(Work required): In the data below, find each line carrying the string "naming" and copy it out.

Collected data
= = = =

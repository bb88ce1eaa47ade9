-- ===== src/Actuator/Spans/Attributes.antt =====
-- cmd/actuator/main.go: pipelineSpans by its keys.
use ebpf_ssf_broker.Base.{
  ◌≡◌, refl, ◌∙◌, false, none, some, List, [], ◌∷◌, arith, All, Text, codes, text_eq,
}
use ebpf_ssf_broker.Go.Log.{Attrs, attr, attr-append}
use ebpf_ssf_broker.Go.Clock.{is_zero, unix_nano, time_sub, microseconds, Time}
use ebpf_ssf_broker.Actuator.Spans.{
  known, duration, span_table, log_stamps, log_spans, stamps, pipeline_spans, Clocks,
}

-- The stamps have no other keys than their own.
attr-log_stamps :
    (ss : List (Text × Time)) (key : Text)
    → All (λ s. text_eq s.0 key ≡ false) ss
    → attr (log_stamps ss) key ≡ none
unfolding attr log_stamps
attr-log_stamps [] key h = refl
attr-log_stamps ((k, t) ∷ ss) key h =
    let differs = h.0 in ground (arith, attr-log_stamps ss key h.1, differs)

module _ (c : Clocks) (k0 : is_zero c.t0 ≡ false) (k1 : is_zero c.t1 ≡ false)
    (k3 : is_zero c.t3 ≡ false) where
  behind_stamps :
      (key : Text)
      → All (λ s. text_eq s.0 key ≡ false) (stamps c)
      → attr (pipeline_spans c) key ≡ attr (log_spans (span_table c)) key
  unfolding pipeline_spans
  behind_stamps key other =
      rw
        (
          attr-append (log_stamps (stamps c)) (log_spans (span_table c)) key,
          attr-log_stamps (stamps c) key other,
        )
        refl

  -- The stamps and the spans of the translator's half are in the line if its three clocks are known.
  pub record IsLogged (a : Attrs) : Type 0 where
    pub t0_ns : attr a (codes "t0_ns") ≡ some (unix_nano c.t0)
    pub t1_ns : attr a (codes "t1_ns") ≡ some (unix_nano c.t1)
    pub t3_ns : attr a (codes "t3_ns") ≡ some (unix_nano c.t3)
    pub detect_us : attr a (codes "detect_us") ≡ some (microseconds (time_sub c.t1 c.t0))
    pub translate_us : attr a (codes "translate_us") ≡ some (microseconds (time_sub c.t3 c.t1))

  pub IsLogged-pipeline_spans : IsLogged (pipeline_spans c)
  unfolding pipeline_spans log_stamps attr text_eq
  IsLogged-pipeline_spans = record {
    t0_ns = rw k0 refl;
    t1_ns = rw (k0, k1) refl;
    t3_ns = rw (k0, k1, k3) refl;
    detect_us =
        behind_stamps (codes "detect_us") (refl, (refl, (refl, (refl, (refl, (refl, tt))))))
        ∙ (unfold log_spans span_table known duration in rw (k0, k1) refl);
    translate_us =
        behind_stamps (codes "translate_us") (refl, (refl, (refl, (refl, (refl, (refl, tt))))))
        ∙ (unfold log_spans span_table known duration in rw (k0, k1, k3) refl);
  }
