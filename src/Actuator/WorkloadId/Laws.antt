-- ===== src/Actuator/WorkloadId/Laws.antt =====
-- cmd/actuator/labels.go: parseWorkloadID against the naming convention.
use ebpf_ssf_broker.Base.{
  ◌≡◌, refl, sym, ap, ◌∙◌, subst, ◌↔◌, false, Option, none, some, List, [], ◌∷◌, ◌++◌, append-nil,
  arith, All, Text, codes, text_eq, text_eq_iff, is_empty, Lacks,
}
use ebpf_ssf_broker.Go.Strings.{
  cut_prefix, cut_prefix-append, cut_prefix_sound, split, join-split, split-Lacks, split_lacking,
  split-append,
}
use ebpf_ssf_broker.Actuator.WorkloadId.{
  scheme, bad, workload, parse_segments, parse_path, parse_workload_id, empty_segment,
}

-- spiffe://<td>/ns/<ns>/sa/<sa>
abbrev pub workload_id : (td ns sa : Text) → Text
workload_id td ns sa = scheme ++ (td ++ (codes "/ns/" ++ (ns ++ (codes "/sa/" ++ sa))))

-- A segment of a path: not empty, and without a slash.
pub record IsSegment (s : Text) : Type 0 where
  pub filled : is_empty s ≡ false
  pub whole : Lacks b'/' s

split-workload_path :
    (td ns sa : Text)
    → Lacks b'/' td
    → Lacks b'/' ns
    → Lacks b'/' sa
    → split (td ++ (codes "/ns/" ++ (ns ++ (codes "/sa/" ++ sa)))) b'/'
      ≡ td ∷ codes "ns" ∷ ns ∷ codes "sa" ∷ sa ∷ []
split-workload_path td ns sa a b c = rw (
  split-append td (codes "ns/" ++ (ns ++ (codes "/sa/" ++ sa))) b'/' a,
  split-append (codes "ns") (ns ++ (codes "/sa/" ++ sa)) b'/' (omega arith),
  split-append ns (codes "sa/" ++ sa) b'/' b,
  split-append (codes "sa") sa b'/' (omega arith),
  split_lacking sa b'/' c,
)

parse-segments :
    (id path : Text)
    → cut_prefix id scheme ≡ some path
    → parse_workload_id id ≡ parse_segments id (split path b'/')
unfolding parse_workload_id
parse-segments id path h = rw h

parse_complete :
    (td ns sa : Text)
    → IsSegment td
    → IsSegment ns
    → IsSegment sa
    → parse_workload_id (workload_id td ns sa) ≡ workload ns sa
parse_complete td ns sa t n s =
    parse-segments (workload_id td ns sa) _ (cut_prefix-append scheme _)
    ∙ rw (split-workload_path td ns sa t.whole n.whole s.whole)
        (unfold parse_segments text_eq in ground arith)

-- An ID that ends behind /sa/ names no service account.
pub parse_unnamed :
    (td ns : Text)
    → IsSegment td
    → IsSegment ns
    → parse_workload_id (workload_id td ns []) ≡ bad (empty_segment (workload_id td ns []))
parse_unnamed td ns t n =
    parse-segments (workload_id td ns []) _ (cut_prefix-append scheme _)
    ∙ rw (split-workload_path td ns [] t.whole n.whole tt)
        (unfold parse_segments text_eq in ground arith)

segments_sound :
    (subject : Text) (l : List Text) (ns sa : Text)
    → parse_segments subject l ≡ workload ns sa
    → (td : Text) × (l ≡ td ∷ codes "ns" ∷ ns ∷ codes "sa" ∷ sa ∷ [])
      × (is_empty td ≡ false)
      × (is_empty ns ≡ false)
      × (is_empty sa ≡ false)
unfolding parse_segments
segments_sound subject [] ns sa h = cc
segments_sound subject (a ∷ []) ns sa h = cc
segments_sound subject (a ∷ b ∷ []) ns sa h = cc
segments_sound subject (a ∷ b ∷ c ∷ []) ns sa h = cc
segments_sound subject (a ∷ b ∷ c ∷ d ∷ []) ns sa h = cc
segments_sound subject (a ∷ b ∷ c ∷ d ∷ e ∷ f ∷ l) ns sa h = cc
segments_sound subject (a ∷ b ∷ c ∷ d ∷ e ∷ []) ns sa h =
    let eq_ns = text_eq_iff b (codes "ns") in
    let eq_sa = text_eq_iff d (codes "sa") in
    (
      a,
      ground (arith, eq_ns, eq_sa),
      ground (arith, eq_ns, eq_sa),
      ground (arith, eq_ns, eq_sa),
      ground (arith, eq_ns, eq_sa),
    )

-- What a text is whose split at the slashes is such a list.
path_of_split :
    (path td ns sa : Text)
    → split path b'/' ≡ td ∷ codes "ns" ∷ ns ∷ codes "sa" ∷ sa ∷ []
    → path ≡ td ++ (codes "/ns/" ++ (ns ++ (codes "/sa/" ++ sa)))
path_of_split path td ns sa e = sym (join-split path b'/') ∙ rw (e, append-nil sa)

path_sound :
    (id : Text) (o : Option Text) (ns sa : Text)
    → cut_prefix id scheme ≡ o
    → parse_path id o ≡ workload ns sa
    → (td : Text) × (id ≡ workload_id td ns sa) × IsSegment td × IsSegment ns × IsSegment sa
unfolding parse_path
path_sound id none ns sa c h = cc
path_sound id (some path) ns sa c h =
    let (td, e, ft, fn, fs) = segments_sound id (split path b'/') ns sa h in
    let whole = subst (All (Lacks b'/')) e (split-Lacks path b'/') in
    (
      td,
      cut_prefix_sound id scheme c ∙ ap (λ p. scheme ++ p) (path_of_split path td ns sa e),
      record { filled = ft; whole = whole.0 },
      record { filled = fn; whole = whole.1.1.0 },
      record { filled = fs; whole = whole.1.1.1.1.0 },
    )

-- The naming convention, read back: an ID parses to a namespace and a service account exactly if
-- it is spiffe://<td>/ns/<namespace>/sa/<service account> for some trust domain, with all three
-- segments non-empty and free of slashes.
pub parse_workload_id_iff :
    (id ns sa : Text)
    → (parse_workload_id id ≡ workload ns sa)
      ↔ ((td : Text) × (id ≡ workload_id td ns sa) × IsSegment td × IsSegment ns × IsSegment sa)
parse_workload_id_iff id ns sa = (
  λ h. unfold parse_workload_id in path_sound id (cut_prefix id scheme) ns sa refl h,
  λ w. rw w.1 (parse_complete w.0 ns sa w.2 w.3 w.4),
)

= = = =

(Response to the task):
-- cmd/actuator/labels.go: parseWorkloadID against the naming convention.
-- The naming convention, read back: an ID parses to a namespace and a service account exactly if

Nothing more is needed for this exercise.